12.6. Additions to the OpenCL Extension Specification

Add following the paragraph describing parameter event to clEnqueueAcquireGLObjects:

"If an OpenGL context is bound to the current thread, then any OpenGL commands which

affect or access the contents of a memory object listed in the mem_objects list, and

were issued on that OpenGL context prior to the call to clEnqueueAcquireGLObjects

will complete before execution of any OpenCL commands following the clEnqueueAcquireGLObjects which affect or access any of those memory objects. If a non-NULL event object is returned, it will report completion only after completion of such OpenGL commands."

Add following the paragraph describing parameter event to clEnqueueReleaseGLObjects:

"`If an OpenGL context is bound to the current thread, then then any OpenGL commands which

affect or access the contents of the memory objects listed in the mem_objects list, and

are issued on that context after the call to clEnqueueReleaseGLObjects

will not execute until after execution of any OpenCL commands preceding the clEnqueueReleaseGLObjects which affect or access any of those memory objects. If a non-NULL event object is returned, it will report completion before execution of such OpenGL commands.`"

Replace the second paragraph of Synchronizing OpenCL and OpenGL Access to Shared Objects with:

“Prior to calling clEnqueueAcquireGLObjects, the application must ensure that any pending OpenGL operations which access the objects specified in mem_objects have completed.If the cl_khr_gl_event extension is supported, then the OpenCL implementation will ensure that any such pending OpenGL operations are complete for an OpenGL context bound to the same thread as the OpenCL context. This is referred to as implicit synchronization. …”

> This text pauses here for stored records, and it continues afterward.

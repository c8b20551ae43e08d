-- ===== src/Gateway/Fallback/Targets.antt =====
-- Which deployments the fallback chain of a failure class consists of.
use agent_studio.Base.{
  ℕ, zero, suc, ◌+◌, ◌≤◌, ◌≡◌, ◌≢◌, refl, ap, subst, Bool, true, false, not, ◌||◌, inl, inr, Option,
  none, some, List, [], ◌∷◌, ◌++◌, arith, length, if◌then◌else◌, Bool-cases, length-append, leb,
}
use agent_studio.Base.Eq.{
  Eq, nat_eq, list_eq, pair_eq, list_beq, list_beq_iff, elem, elem-append, elem-cons, elem-nil,
  elem-cons_self, Distinct, Distinct-snoc, append_new, append_new-Distinct, append_new-each, any_of,
  elem-cons_of, elem-append_new,
}
use agent_studio.Base.Text.{Text, codes, strip, lower, split_once}
use agent_studio.Base.Sort.{sort_by}
use agent_studio.Gateway.Catalog.{ModelSpec, list_all}
use agent_studio.Gateway.Chain.{FailureClass}
use agent_studio.Gateway.Router.{Deployment, tenant_fallback_candidates}
use agent_studio.Gateway.Fallback.{
  FallbackChain, cross_families, add_candidates, add_entry, entry_of, entry_at, add_entries,
  add_family, add_families, cross_family, take_new, spec_deployments, large_window, dedupe_onto,
  tail_at, targets,
}

-- A family never falls back to itself.
elem-cross_families : (p : Text) → elem p (cross_families p) ≡ false
unfolding cross_families elem
elem-cross_families p = elim (Bool-cases (list_beq p (codes "openai"))) [
  | inl h ↦ rw ((list_beq_iff p (codes "openai")).0 h) refl
  | inr h ↦ rw h (elim (Bool-cases (list_beq p (codes "anthropic"))) [
    | inl h ↦ rw ((list_beq_iff p (codes "anthropic")).0 h) refl
    | inr h ↦ rw h (elim (Bool-cases (list_beq p (codes "google"))) [
      | inl h ↦ rw ((list_beq_iff p (codes "google")).0 h) refl
      | inr h ↦ rw h (elim (Bool-cases (list_beq p (codes "azure"))) [
        | inl h ↦ rw ((list_beq_iff p (codes "azure")).0 h) refl
        | inr h ↦ rw h (elim (Bool-cases (list_beq p (codes "custom"))) [
          | inl h ↦ rw ((list_beq_iff p (codes "custom")).0 h) refl
          | inr h ↦ rw h refl
        ])
      ])
    ])
  ])
]

-- The invariant of the list that `_cross_family` builds.
abbrev IsOf : List Text → List Deployment → Type 0
IsOf ps ds = Distinct ds × ((x : Deployment) → elem x ds ≡ true → elem x.0 ps ≡ true)

append_new-IsOf :
    (ps : List Text) (ds : List Deployment) (d : Deployment)
    → elem d.0 ps ≡ true
    → IsOf ps ds
    → IsOf ps (append_new ds d)
append_new-IsOf ps ds d m (a, b) =
    (append_new-Distinct ds d a, append_new-each (λ x. elem x.0 ps) ds d m b)

add_candidates-IsOf :
    (ps : List Text) (p : Text) (cs ds : List Deployment)
    → elem p ps ≡ true
    → IsOf ps ds
    → IsOf ps (add_candidates p cs ds)
unfolding add_candidates
add_candidates-IsOf ps p [] ds m h = h
add_candidates-IsOf ps p (c ∷ cs) ds m h = elim (Bool-cases (list_beq c.0 p)) [
  | inl q ↦ rw q (
      add_candidates-IsOf ps p cs (append_new ds c) m
        (append_new-IsOf ps ds c (rw ((list_beq_iff c.0 p).0 q) m) h))
  | inr q ↦ rw q (add_candidates-IsOf ps p cs ds m h)
]

if_some :
    (b : Bool) (x d : Deployment) → (if b then some x else none) ≡ some d → (b ≡ true) × (x ≡ d)
if_some b x d h = ground arith

entry_at-provider :
    (p : Text) (o : Option (Text × Text)) (d : Deployment)
    → entry_at p o ≡ some d
    → list_beq d.0 p ≡ true
unfolding entry_at
entry_at-provider p none d h = absurd (cc)
entry_at-provider p (some (a, m)) d h =
    let (q, same) = if_some (list_beq (lower (strip a)) p) (lower (strip a), strip m) d h in
    subst (λ (x : Deployment). list_beq x.0 p ≡ true) same q

add_entry-IsOf :
    (ps : List Text) (p : Text) (o : Option Deployment) (ds : List Deployment)
    → elem p ps ≡ true
    → ((d : Deployment) → o ≡ some d → list_beq d.0 p ≡ true)
    → IsOf ps ds
    → IsOf ps (add_entry o ds)
unfolding add_entry
add_entry-IsOf ps p none ds m k h = h
add_entry-IsOf ps p (some d) ds m k h =
    append_new-IsOf ps ds d (rw ((list_beq_iff d.0 p).0 (k d refl)) m) h

add_entries-IsOf :
    (ps : List Text) (p : Text) (ts : List Text) (ds : List Deployment)
    → elem p ps ≡ true
    → IsOf ps ds
    → IsOf ps (add_entries p ts ds)
unfolding add_entries
add_entries-IsOf ps p [] ds m h = h
add_entries-IsOf ps p (t ∷ ts) ds m h = add_entries-IsOf ps p ts (add_entry (entry_of p t) ds) m (
    add_entry-IsOf ps p (entry_of p t) ds m
      (unfold entry_of in entry_at-provider p (split_once b':' t)) h)

add_family-IsOf :
    (ps : List Text) (f : FallbackChain) (p : Text) (ds : List Deployment)
    → elem p ps ≡ true
    → IsOf ps ds
    → IsOf ps (add_family f p ds)
unfolding add_family
add_family-IsOf ps f p ds m h =
    elim (Bool-cases
      (any_of (λ (c : Deployment). list_beq c.0 p) (add_candidates p f.candidates ds))) [
        | inl q ↦ rw q (add_candidates-IsOf ps p f.candidates ds m h)
        | inr q ↦ rw q (
            add_entries-IsOf ps p (tenant_fallback_candidates f.cfg)
              (add_candidates p f.candidates ds) m (add_candidates-IsOf ps p f.candidates ds m h))
      ]

add_families-IsOf :
    (all ps : List Text) (f : FallbackChain) (ds : List Deployment)
    → ((p : Text) → elem p ps ≡ true → elem p all ≡ true)
    → IsOf all ds
    → IsOf all (add_families f ps ds)
unfolding add_families
add_families-IsOf all [] f ds sub h = h
add_families-IsOf all (p ∷ ps) f ds sub h =
    add_families-IsOf all ps f (add_family f p ds) (λ x m. sub x (elem-cons_of x p ps m))
      (add_family-IsOf all f p ds (sub p (elem-cons_self p ps)) h)

-- The extra targets of a refusal are distinct, and each belongs to a family that the provider of
-- the request may fall back to, which is never that provider itself.
pub cross_family-other :
    (f : FallbackChain)
    → Distinct (cross_family f)
      × ((d : Deployment)
          → elem d (cross_family f) ≡ true
          → (elem d.0 (cross_families f.request.provider) ≡ true) × (d.0 ≢ f.request.provider))
cross_family-other f =
    let ps = cross_families f.request.provider in
    let (a, b) : IsOf ps (cross_family f) =
      unfold cross_family in
      add_families-IsOf ps ps f [] (λ p m. m) (tt, λ x m. absurd (cc (elem-nil x, m))) in
    (
      a,
      λ d m. (
        b d m,
        λ same. cc (b d m, elem-cross_families f.request.provider, ap (λ p. elem p ps) same),
      ),
    )

module _ {ℓ} {A : Type ℓ} ⦃e : Eq A⦄ where
  record IsPick (seen : List A) (left : ℕ) (old new : List A) : Type ℓ where
    pub few : length new ≤ length old + left
    pub apart : Distinct new
    pub fresh : (d : A) → elem d new ≡ true → (elem d old || not (elem d seen)) ≡ true

  take_more :
      (seen : List A) (left : ℕ) (c : A) (old new : List A)
      → (elem c seen || elem c old) ≡ false
      → IsPick seen left (old ++ (c ∷ [])) new
      → IsPick seen (suc left) old new
  take_more seen left c old new q h = record {
    few = omega (arith, h.few, length-append old (c ∷ []));
    apart = h.apart;
    fresh = λ d m. ground (
      arith,
      h.fresh d m,
      elem-append d old (c ∷ []),
      elem-cons d c [],
      elem-nil d,
      e.beq_iff c d,
    );
  }

  take_new-IsPick :
      (seen : List A) (left : ℕ) (cs old : List A)
      → Distinct old
      → IsPick seen left old (take_new left seen cs old)
  unfolding take_new
  take_new-IsPick seen zero cs old h = record {
    few = omega arith;
    apart = h;
    fresh = λ d m. ground arith;
  }
  take_new-IsPick seen (suc left) [] old h = record {
    few = omega arith;
    apart = h;
    fresh = λ d m. ground arith;
  }
  take_new-IsPick seen (suc left) (c ∷ cs) old h = elim (Bool-cases (elem c seen || elem c old)) [
    | inl q ↦ rw q (take_new-IsPick seen (suc left) cs old h)
    | inr q ↦ rw q (
        take_more seen left c old _ q
          (take_new-IsPick seen left cs (old ++ (c ∷ [])) (Distinct-snoc c old (ground arith) h)))
  ]

-- The extra targets of a context overflow are at most two, distinct, and none of them is a
-- candidate, so that the overflow is not sent to the same deployment again.
pub large_window-fresh :
    (f : FallbackChain)
    → (length (large_window f) ≤ 2)
      × Distinct (large_window f)
      × ((d : Deployment) → elem d (large_window f) ≡ true → elem d f.candidates ≡ false)
unfolding large_window
large_window-fresh f =
    let h =
      take_new-IsPick f.candidates 2
        (spec_deployments (
          sort_by (λ (s t : ModelSpec). leb t.context_window s.context_window)
            (list_all f.catalog)))
        [] tt in
    (h.few, h.apart, λ d m. ground (arith, h.fresh d m, elem-nil d))

dedupe_onto_lem :
    (xs cs : List Deployment)
    → Distinct xs
    → Distinct (dedupe_onto xs cs)
      × ((d : Deployment) → elem d (dedupe_onto xs cs) ≡ (elem d xs || elem d cs))
unfolding dedupe_onto
dedupe_onto_lem xs [] h = (h, λ d. ground (arith, elem-nil d))
dedupe_onto_lem xs (c ∷ cs) h =
    let (a, b) = dedupe_onto_lem (append_new xs c) cs (append_new-Distinct xs c h) in
    (a, λ d. ground (arith, b d, elem-append_new d c xs, elem-cons d c cs))

-- For every failure class the targets begin with the candidates, each once, and go on with the
-- extra targets of the class.
pub targets-candidates :
    (f : FallbackChain) (c : FailureClass)
    → (head : List Deployment) × (targets f c ≡ head ++ tail_at f c)
      × Distinct head
      × ((d : Deployment) → elem d head ≡ elem d f.candidates)
unfolding targets
targets-candidates f c =
    let (a, b) = dedupe_onto_lem [] f.candidates tt in
    (dedupe_onto [] f.candidates, refl, a, λ d. ground (arith, b d, elem-nil d))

hterrolle · January 3, 2021, 9:58am

It look like on ARM mali G72 there is more than one GPU heart. So they may not need any synchronization. It is like double buffering they may switch from one heart to another. And i think that OpenCL do not need to use Context like OpenGL. I not sure of how it works. But it look like it is working well.

system · October 19, 2021, 6:06pm

This topic was automatically closed 183 days after the last reply. New replies are no longer allowed.